A quick demonstration on how the cork is stripped showed that great skill and care is needed. One wrong move, a cut too deep means that the tree becomes scarred and won't heal properly.
After this, we moved off to Quinta do Lagoalva taste some wines. Some refreshing roses, dry whites and full bodied reds were tasted, and it was perhaps the first time I've spat (elegantly I'm sure...) - it was a bit early in the day for my fragile state. The winemakers showed us the wines they had on offer and they were an interesting bunch, later sitting down with us for lunch to sample more of their delicious wines. In addition to this we had a jaunty tour round the vineyards in a horse and cart.
Lunch was a simple but tasty affair consisting of a well-dressed salad, pork in walnut sauce, rice bejewelled with sultanas and, much to our delight, an industrial tub of praline ice cream. We finished off with a 46 year old dessert wine, thanked the Tejo winemakers (pictured above) and hopped back aboard the bus. I assumed we were homeward bound, but in fact we were making a quick stop at a cork factory.

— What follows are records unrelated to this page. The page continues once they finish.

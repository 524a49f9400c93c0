-- ===== src/Http/CStrings.antt =====
-- What the C library's string functions and `std::regex` do at the calls of
-- webserver/src/http_conn.cpp, over a buffer of bytes and offsets into it.
use my_tcp_cs.Base.{
  ℕ, ◌+◌, ◌-◌, ◌*◌, ◌^◌, Bool, true, false, ◌&&◌, ◌||◌, Option, none, some, List, [], ◌∷◌, Outcome,
  done, undefined, terminated, ◌>>=◌, ltb, leb, ◌==◌, if◌then◌else◌, length, drop, set, codes, cr,
  lf, blank, tab,
}

-- The bytes in front of the first NUL; without one the C++ code reads past the buffer.
unfoldable pub until_nul : List ℕ → Outcome (List ℕ)
until_nul [] = undefined
until_nul (b ∷ bs) = if b == 0 then done [] else (until_nul bs >>= λ s. done (b ∷ s))

-- The C string at an offset.
unfoldable pub c_string : List ℕ → ℕ → Outcome (List ℕ)
unfolding until_nul
c_string buf p = until_nul (drop p buf)

-- `buf[i] = v`
unfoldable pub poke : List ℕ → ℕ → ℕ → Outcome (List ℕ)
poke buf i v = if ltb i (length buf) then done (set buf i v) else undefined

-- How many bytes stand in front of the first '\r' or '\n', and the rest from there on.
unfoldable pub split_break : List ℕ → ℕ × List ℕ
split_break [] = (0, [])
split_break (b ∷ bs) =
    let (n, rest) = split_break bs in if (b == cr) || (b == lf) then (0, b ∷ bs) else (n + 1, rest)

abbrev pub crlf_at : ℕ × List ℕ → Option ℕ
crlf_at (n, []) = none
crlf_at (n, b ∷ []) = none
crlf_at (n, b ∷ d ∷ bs) = if (b == cr) && (d == lf) then some (n + 2) else none

abbrev byte_at : ℕ → ℕ × List ℕ → Option ℕ
byte_at v (n, []) = none
byte_at v (n, b ∷ bs) = if b == v then some (n + 1) else none

-- The length of the match of `^[^\r\n]*\r\n`.
unfoldable pub search_crlf : List ℕ → Option ℕ
unfolding split_break
search_crlf s = crlf_at (split_break s)

-- The length of the match of `^.*?\r`; a dot matches neither '\r' nor '\n'.
unfoldable pub search_cr : List ℕ → Option ℕ
unfolding split_break
search_cr s = byte_at cr (split_break s)

-- The length of the match of `^.*?\n`.
unfoldable pub search_lf : List ℕ → Option ℕ
unfolding split_break
search_lf s = byte_at lf (split_break s)

-- `strpbrk(s, " \t") - s`
unfoldable pub find_space : List ℕ → Option ℕ
find_space [] = none
find_space (b ∷ bs) =
    let rest = find_space bs in
    if (b == blank) || (b == tab) then some 0 else elim rest [ none ↦ none | some n ↦ some (n + 1) ]

-- `strchr(s, c) - s`
unfoldable pub find_byte : ℕ → List ℕ → Option ℕ
find_byte c [] = none
find_byte c (b ∷ bs) =
    let rest = find_byte c bs in
    if b == c then some 0 else elim rest [ none ↦ none | some n ↦ some (n + 1) ]

-- `strspn(s, " \t")`
unfoldable pub span_space : List ℕ → ℕ
span_space [] = 0
span_space (b ∷ bs) = let rest = span_space bs in if (b == blank) || (b == tab) then rest + 1 else 0

-- `tolower` of the C locale.
unfoldable pub to_lower : ℕ → ℕ
to_lower b = if leb b'A' b && leb b b'Z' then b + 32 else b

-- `strcasecmp(s, t) == 0`
unfoldable pub eq_no_case : List ℕ → List ℕ → Bool
unfolding to_lower
eq_no_case [] [] = true
eq_no_case [] (d ∷ ds) = false
eq_no_case (b ∷ bs) [] = false
eq_no_case (b ∷ bs) (d ∷ ds) = (to_lower b == to_lower d) && eq_no_case bs ds

-- `strncasecmp(s, t, strlen(t)) == 0`
unfoldable pub starts_no_case : List ℕ → List ℕ → Bool
unfolding to_lower
starts_no_case s [] = true
starts_no_case [] (d ∷ ds) = false
starts_no_case (b ∷ bs) (d ∷ ds) = (to_lower b == to_lower d) && starts_no_case bs ds

unfoldable pub starts_with : List ℕ → List ℕ → Bool
starts_with s [] = true
starts_with [] (d ∷ ds) = false
starts_with (b ∷ bs) (d ∷ ds) = (b == d) && starts_with bs ds

-- A search of a regular expression that is plain text.
unfoldable pub contains : List ℕ → List ℕ → Bool
unfolding starts_with
contains [] t = starts_with [] t
contains (b ∷ bs) t = starts_with (b ∷ bs) t || contains bs t

pub data HeaderName : Type 0 where
  connection content_length host : HeaderName

-- The header name at the front of `s`, if one of the three stands there.
unfoldable pub header_name : List ℕ → Option HeaderName
unfolding starts_with
header_name s =
    if starts_with s (codes "Connection:")
    then some connection
    else if starts_with s (codes "Content-Length:")
    then some content_length
    else if starts_with s (codes "Host:")
    then some host
    else none

-- `result[0]` of a search of `(Connection|Content-Length|Host):`, the leftmost match.
unfoldable pub search_header : List ℕ → Option HeaderName
unfolding header_name
search_header [] = none
search_header (b ∷ bs) =
    let rest = search_header bs in elim (header_name (b ∷ bs)) [ some h ↦ some h | none ↦ rest ]

unfoldable pub is_digit : ℕ → Bool
is_digit b = leb b'0' b && leb b b'9'

-- `result[0]` of a search of `[0-9]*`: it matches at once, if only the empty text.
unfoldable pub leading_digits : List ℕ → List ℕ
unfolding is_digit
leading_digits [] = []
leading_digits (b ∷ bs) = let rest = leading_digits bs in if is_digit b then b ∷ rest else []

unfoldable pub digits_value : ℕ → List ℕ → ℕ
digits_value acc [] = acc
digits_value acc (b ∷ bs) = digits_value (acc * 10 + (b - b'0')) bs

-- `stoi` of a text of digits: it throws on no digit and above INT_MAX.
unfoldable pub stoi : List ℕ → Outcome ℕ
unfolding digits_value
stoi [] = terminated
stoi (b ∷ bs) = let n = digits_value 0 (b ∷ bs) in if ltb n (2 ^ 31) then done n else terminated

It was truly an awesome sight. Piles and piles of cork stacked in neat piles covered an area as far as the eye could see. It would have made a brilliant adventure maze; having ventured down an aisle of cork it was eerily quiet, almost soundproof. We wondered what it would be like to live in a house made of cork. Carlos did a quick question and answer session which became not-so-quick. He did his best to explain to us how the cork industry have been trying to combat cork taint, in finding the best possible way to treat the cork. I got a bit distracted and wandered off, poking and prodding bits of bark here and there.
We arrived back in Lisbon, a full 9 hours later but a day well worth dragging my corpse out of bed for. I was a shell of the person I once was, but gamely soldiered on. Dinner, drinks and a bit of dancing later, I declared myself spent and was in bed by 2am. Rock n' roll.